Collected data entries
BEGIN

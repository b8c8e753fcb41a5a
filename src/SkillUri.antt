-- ===== src/SkillUri.antt =====
-- packages/core/src/skill-uri.ts: how the files of a skill are named.
pub mod RoundTrip
mod Tests
use skillcdn.Common.{
  Bool, List, [], ◌∷◌, ◌++◌, Option, none, some, not, drop, is_empty, length, defined, ◌||◌,
  if◌then◌else◌,
}
use mathlib.Core.Option
use skillcdn.Text.{Text, codes, slash, starts_with}
use skillcdn.Result.{Result, ok, err}
use skillcdn.RepoPath.{RepoPath, root_path}
use skillcdn.Address.{Address, AddressHost, AddressRef, parse_address}
use skillcdn.Address.Print.{format_address}

abbrev pub skill_uri_scheme : Text
skill_uri_scheme = codes "skill"

pub record SkillUriAddress : Type 0 where
  pub host : AddressHost
  pub owner : Text
  pub repo : Text

-- `{ ...address, ref: undefined, path }`.
abbrev pub at_path : SkillUriAddress → RepoPath → Address
at_path a path = record { host = a.host; owner = a.owner; repo = a.repo; ref = none; path = path }

-- `none` is the `URIError` of the printer.
unfoldable pub format_skill_uri : SkillUriAddress → RepoPath → Option Text
format_skill_uri a path =
    Option.map (λ t. skill_uri_scheme ++ (codes ":/" ++ t)) (format_address (at_path a path))

unfoldable pub skill_uri_prefix : SkillUriAddress → Option Text
skill_uri_prefix a =
    Option.map (λ t. skill_uri_scheme ++ (codes ":/" ++ t)) (format_address (at_path a root_path))

pub record ParsedSkillUri : Type 0 where
  pub address : SkillUriAddress
  pub path : RepoPath

-- What the address behind the scheme says.
unfoldable pub skill_uri_of : Address → Option ParsedSkillUri
skill_uri_of a =
    if defined a.ref || is_empty a.path
    then none
    else some (record {
      address = record { host = a.host; owner = a.owner; repo = a.repo };
      path = a.path;
    })

unfoldable pub parse_skill_uri : Text → Option ParsedSkillUri
unfolding skill_uri_of
parse_skill_uri uri =
    let prefix = skill_uri_scheme ++ codes "://" in
    if not (starts_with uri prefix)
    then none
    else elim (parse_address (slash ∷ drop (length prefix) uri)) [
      | err e ↦ none
      | ok a ↦ skill_uri_of a
    ]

END

● **WORK TO BE COMPLETED**:
Using the data above, copy each line that contains "record".

● **RESULT OF THIS EXERCISE**:
pub record SkillUriAddress : Type 0 where
at_path a path = record { host = a.host; owner = a.owner; repo = a.repo; ref = none; path = path }
pub record ParsedSkillUri : Type 0 where
    else some (record {
      address = record { host = a.host; owner = a.owner; repo = a.repo };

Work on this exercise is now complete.